Mad Scientess Jane Expat (nanila) wrote,
Mad Scientess Jane Expat

Barcelona, Day 3

I woke up much too early. I was so desperate for something non-alcoholic that I grabbed an orange juice from the hotel mini-bar and drank it all down without stopping for breath. That and a shower provided me with enough fuel to leave the hotel. We limped into the morning sunshine and stopped at Café Zurich in the Plaça de Catalunya. It was freezing cold, but sitting outside seemed appealing as a means of avoiding the thick layer of cigarette smoke that seems to permeate every eating and drinking establishment in the city. In short succession, we met a cat named Nino and a Frenchman at a neighboring table. Nino claimed my lap for Catalunya in his cracked, unmelodious voice.

Nino the Café Zurich cat

The Frenchman spoke wobbly Spanish, fluent French (duh) and no English. Marco speaks fluent Spanish and English and wobbly French. I speak wobbly Spanish, fluent English and no French. Our skill sets, therefore, were mostly orthogonal, as illustrated in the following table.

Our skill sets

The constant switching between languages as we tried to understand one another, coupled with the thick cobwebs of hangover clogging my brain, caused me to remain mostly silent, smiling and petting Nino.

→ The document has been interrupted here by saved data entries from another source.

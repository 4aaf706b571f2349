-- ===== src/Workflow/Run/Loop/Completing.antt =====
-- What handling a completion leaves of the loop of core/src/workflow/workflow.ts.
use mathlib.Core.Path.{subst}
use adk_js.Prelude.{
  ℕ, ◌≤◌, ◌≡◌, refl, sym, ◌∙◌, ◌⊎◌, inl, inr, String, true, false, not, ◌&&◌, Option, none, some,
  List, [], ◌∷◌, length, arith, eq_iff, Bool-cases, Option-cases,
}
use adk_js.Prelude.Dict.{Dict, lookup, put, remove, lookup-put}
use adk_js.Prelude.Names.{insert, insert_all}
use adk_js.Workflow.Run.State.{
  completed, waiting, NodeState, Trigger, NodeResult, RehydratedNode, LoopState, Setting,
}
use adk_js.Workflow.Graph.{Edge}
use adk_js.Workflow.Run.{
  is_running, is_nil, is_none, get_static_node, push_trigger, push_start_triggers,
  seed_start_triggers, new_loop, start_edges,
}
use adk_js.Workflow.Run.Loop.{
  buffer_one, buffer_all, buffer_downstream_triggers, handle_completion, state_of, with_node,
  join_trigger, predecessors, all_completed, completed_loop,
}
use adk_js.Workflow.Run.Loop.Consistent.{
  none_not_some, length-remove_le, has-remove, IsWithin, has_interrupts, is_empty_buffer,
  IsConsistent, push_trigger-buffered,
}

insert-is_nil : (n : String) (l : List String) → is_nil (insert n l) ≡ false
insert-is_nil n [] = refl
insert-is_nil n (m ∷ l) = ground (arith, eq_iff n m)

pub insert_all-is_nil : (ns l : List String) → is_nil l ≡ false → is_nil (insert_all l ns) ≡ false
unfolding insert_all
insert_all-is_nil [] l h = h
insert_all-is_nil (n ∷ ns) l h = insert_all-is_nil ns (insert n l) (insert-is_nil n l)

insert_all_nonempty : (ns l : List String) → is_nil ns ≡ false → is_nil (insert_all l ns) ≡ false
unfolding insert_all
insert_all_nonempty [] l h = absurd (true_not_false h)
  where
    true_not_false : true ≡ false → ⊥
    true_not_false k = cc
insert_all_nonempty (n ∷ ns) l h = insert_all-is_nil ns (insert n l) (insert-is_nil n l)

IsWithin-le : (o : Option ℕ) (n m : ℕ) → IsWithin o n → m ≤ n → IsWithin o m
IsWithin-le none n m h k = tt
IsWithin-le (some bound) n m h k = omega arith

module _ {V : Type 0} where
  -- One loop is another but for its buffer, where no list is empty if none was.
  pub record Buffers (l m : LoopState V) : Type 0 where
    pub same_pending : m.pending ≡ l.pending
    pub same_nodes : m.nodes ≡ l.nodes
    pub same_ids : m.interrupt_ids ≡ l.interrupt_ids
    pub keeps :
        ((n : String) → is_empty_buffer (lookup n l.trigger_buffer) ≡ false)
        → (n : String) → is_empty_buffer (lookup n m.trigger_buffer) ≡ false

  Buffers-refl : (l : LoopState V) → Buffers l l
  Buffers-refl l = record {
    same_pending = refl;
    same_nodes = refl;
    same_ids = refl;
    keeps = λ h. h;
  }

  Buffers-trans : {l m k : LoopState V} → Buffers l m → Buffers m k → Buffers l k
  Buffers-trans f g = record {
    same_pending = g.same_pending ∙ f.same_pending;
    same_nodes = g.same_nodes ∙ f.same_nodes;
    same_ids = g.same_ids ∙ f.same_ids;
    keeps = λ h. g.keeps (f.keeps h);
  }

  push_trigger-Buffers :
      (l : LoopState V) (name : String) (t : Trigger V) → Buffers l (push_trigger l name t)
  unfolding push_trigger
  push_trigger-Buffers l name t = record {
    same_pending = refl;
    same_nodes = refl;
    same_ids = refl;
    keeps = push_trigger-buffered l name t;
  }

  push_start_triggers-Buffers :
      (es : List Edge) (l : LoopState V) (t : Trigger V) → Buffers l (push_start_triggers l t es)
  unfolding push_start_triggers
  push_start_triggers-Buffers [] l t = Buffers-refl l
  push_start_triggers-Buffers (e ∷ es) l t =
      Buffers-trans (push_trigger-Buffers l e.to_node.name t)
        (push_start_triggers-Buffers es (push_trigger l e.to_node.name t) t)

module _ {V : Type 0} (c : Setting V) where
  Buffers-IsConsistent : (l m : LoopState V) → Buffers l m → IsConsistent c l → IsConsistent c m
  Buffers-IsConsistent l m b v = record {
    bounded = subst (λ p. IsWithin c.max_concurrency (length p)) (sym b.same_pending) v.bounded;
    running_iff = λ n. rw b.same_pending (rw b.same_nodes (v.running_iff n));
    buffered = b.keeps v.buffered;
    recorded = λ n. rw b.same_nodes (rw b.same_ids (v.recorded n));
  }

  new_loop-IsConsistent :
      (rehydrated : Dict (List (RehydratedNode V))) → IsConsistent c (new_loop rehydrated)
  new_loop-IsConsistent rehydrated = record {
    bounded = elim c.max_concurrency as (λ o. IsWithin o 0) [ none ↦ tt | some n ↦ zero_le n ];
    running_iff = λ n. refl;
    buffered = λ n. refl;
    recorded = λ n. inl refl;
  }
    where
      zero_le : (n : ℕ) → 0 ≤ n
      zero_le n = omega arith

  -- The loop before the first scheduling is consistent.
  pub seed_start_triggers-IsConsistent :
      (rehydrated : Dict (List (RehydratedNode V))) (v : Option V)
      → IsConsistent c (seed_start_triggers c.graph (new_loop rehydrated) v)
  unfolding seed_start_triggers
  seed_start_triggers-IsConsistent rehydrated v =
      Buffers-IsConsistent (new_loop rehydrated)
        (seed_start_triggers c.graph (new_loop rehydrated) v)
        (push_start_triggers-Buffers (start_edges c.graph.edges) (new_loop rehydrated) _)
        (new_loop-IsConsistent rehydrated)

  buffer_one-Buffers :
      (l m : LoopState V) (t : Trigger V) (target : String)
      → buffer_one c l t target ≡ some m
      → Buffers l m
  unfolding buffer_one
  buffer_one-Buffers l m t target h = elim (Option-cases (get_static_node c.graph target)) [
    | inl missing ↦ absurd (none_not_some (buffer_one c l t target) m (ground (arith, missing)) h)
    | inr (node, found) ↦ elim (Bool-cases node.requires_all_predecessors) [
      | inr any ↦
          let D : push_trigger l target t ≡ m = ground (arith, found, any, h) in
          subst (Buffers l) D (push_trigger-Buffers l target t)
      | inl each ↦ elim (Bool-cases (all_completed c l (predecessors c target))) [
        | inl all ↦
            let D : push_trigger l target (join_trigger c l target) ≡ m =
              ground (arith, found, each, all, h) in
            subst (Buffers l) D (push_trigger-Buffers l target (join_trigger c l target))
        | inr missing ↦
            let D : l ≡ m = ground (arith, found, each, missing, h) in
            subst (Buffers l) D (Buffers-refl l)
      ]
    ]
  ]

  buffer_all-Buffers :
      (targets : List String) (l m : LoopState V) (t : Trigger V)
      → buffer_all c l t targets ≡ some m
      → Buffers l m
  unfolding buffer_all
  buffer_all-Buffers [] l m t h = let D : l ≡ m = cc in subst (Buffers l) D (Buffers-refl l)
  buffer_all-Buffers (target ∷ targets) l m t h = elim (Option-cases (buffer_one c l t target)) [
    | inl e ↦ absurd (none_not_some (buffer_all c l t (target ∷ targets)) m (ground (arith, e)) h)
    | inr (k, e) ↦
        Buffers-trans (buffer_one-Buffers l k t target e)
          (buffer_all-Buffers targets k m t (ground (arith, e, h)))
  ]

  -- A loop from which the task of a node went, and whose node does not run any more.
  settled-IsConsistent :
      (l m : LoopState V) (name : String) (s : NodeState V)
      → IsConsistent c l
      → m.pending ≡ remove name l.pending
      → m.nodes ≡ put name s l.nodes
      → m.trigger_buffer ≡ l.trigger_buffer
      → is_running s.status ≡ false
      → ((has_interrupts (lookup name l.nodes) ≡ not (is_nil s.interrupts))
          × (m.interrupt_ids ≡ l.interrupt_ids))
        ⊎ (is_nil m.interrupt_ids ≡ false)
      → IsConsistent c m
  settled-IsConsistent l m name s v p n b r i = record {
    bounded =
        let le =
          IsWithin-le c.max_concurrency (length l.pending) (length (remove name l.pending))
            v.bounded (length-remove_le name l.pending) in
        subst (λ q. IsWithin c.max_concurrency (length q)) (sym p) le;
    running_iff = λ j. rw p (
        rw n (
          ground
            (arith, has-remove name j l.pending, lookup-put name j s l.nodes, v.running_iff j, r)));
    buffered = λ j. rw b (v.buffered j);
    recorded = λ j. elim i [
      | inr some_ids ↦ inr some_ids
      | inl (same, ids) ↦
          rw n (
            rw ids (ground (arith, lookup-put name j s l.nodes, v.recorded j, eq_iff name j, same)))
    ];
  }

  state_of_interrupts :
      (l : LoopState V) (name : String)
      → has_interrupts (lookup name l.nodes) ≡ not (is_nil (state_of l name).interrupts)
  state_of_interrupts l name = ground arith

  -- Handling a completion keeps the loop consistent, once the task is gone.
  pub handle_completion-IsConsistent :
      (l m : LoopState V) (name : String) (r : NodeResult V)
      → IsConsistent c l
      → handle_completion c (record l { pending = remove name l.pending }) name r ≡ some m
      → IsConsistent c m
  unfolding handle_completion buffer_downstream_triggers
  handle_completion-IsConsistent l m name r v h =
      let k = record l { pending = remove name l.pending } in
      let s = state_of l name in
      let old = state_of_interrupts l name in
      elim (Option-cases (get_static_node c.graph name)) [
        | inl missing ↦
            absurd (none_not_some (handle_completion c k name r) m (ground (arith, missing)) h)
        | inr (node, found) ↦ elim (Bool-cases (is_nil r.interrupt_ids)) [
          | inr asks ↦
              let s' = record s { status = waiting; interrupts = r.interrupt_ids } in
              let w = record (with_node k name s') {
                interrupt_ids = insert_all l.interrupt_ids r.interrupt_ids;
              } in
              let D : w ≡ m = ground (arith, found, asks, h) in
              subst (IsConsistent c) D (
                settled-IsConsistent l w name s' v refl refl refl refl
                  (inr (insert_all_nonempty r.interrupt_ids l.interrupt_ids asks)))
          | inl done ↦
              elim (Bool-cases (node.wait_for_output && (is_none r.output && is_none r.route))) [
                | inl waits ↦
                    let s' = record s { status = waiting } in
                    let w = with_node k name s' in
                    let D : w ≡ m = ground (arith, found, done, waits, h) in
                    subst (IsConsistent c) D
                      (settled-IsConsistent l w name s' v refl refl refl refl (inl (old, refl)))
                | inr gives ↦
                    let s' = record s { status = completed } in
                    let w = completed_loop k name r in
                    let D : buffer_downstream_triggers c w name r ≡ some m =
                      ground (arith, found, done, gives, h) in
                    Buffers-IsConsistent w m (buffer_all-Buffers _ w m _ D)
                      (settled-IsConsistent l w name s' v refl refl refl refl (inl (old, refl)))
              ]
        ]
      ]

Me, el gato Nino and Frenchman shading his eyes

We had to return to the hotel for an hour so I could lie down and feel ill, but after that we window-shopped, walked through La Ribera, where I took most of the pictures in this post and sat down to a late and delicious lunch of Cuban food at Havana Vieja. Arroz con frijoles, ropa vieja, guava juice y mucho café make for a hangover cure that rivals even the full English.

Candied fruit inside the Mercat de Santa Caterina

Our travels led us past another of the markets and eventually to the port itself.

One of the sets of windows is painted onMuseum, I don't remember which (hangover)

Water fountain. It doesn't work; we triedCenturies climb upwards

The stiff breezes sent us scurrying back to the Barri Gótic, where we stopped by cramped, low-lit, wood-beamed Salterio for fresh mint tea. It's made slowly, with one infusion of mint leaves allowed to steep for several minutes in sugar and hot water, and then a second bunch added to the pot and steeped a while longer. They served it in brass teapots with long curved spouts, and we poured it ourselves into tiny glasses. It was divine.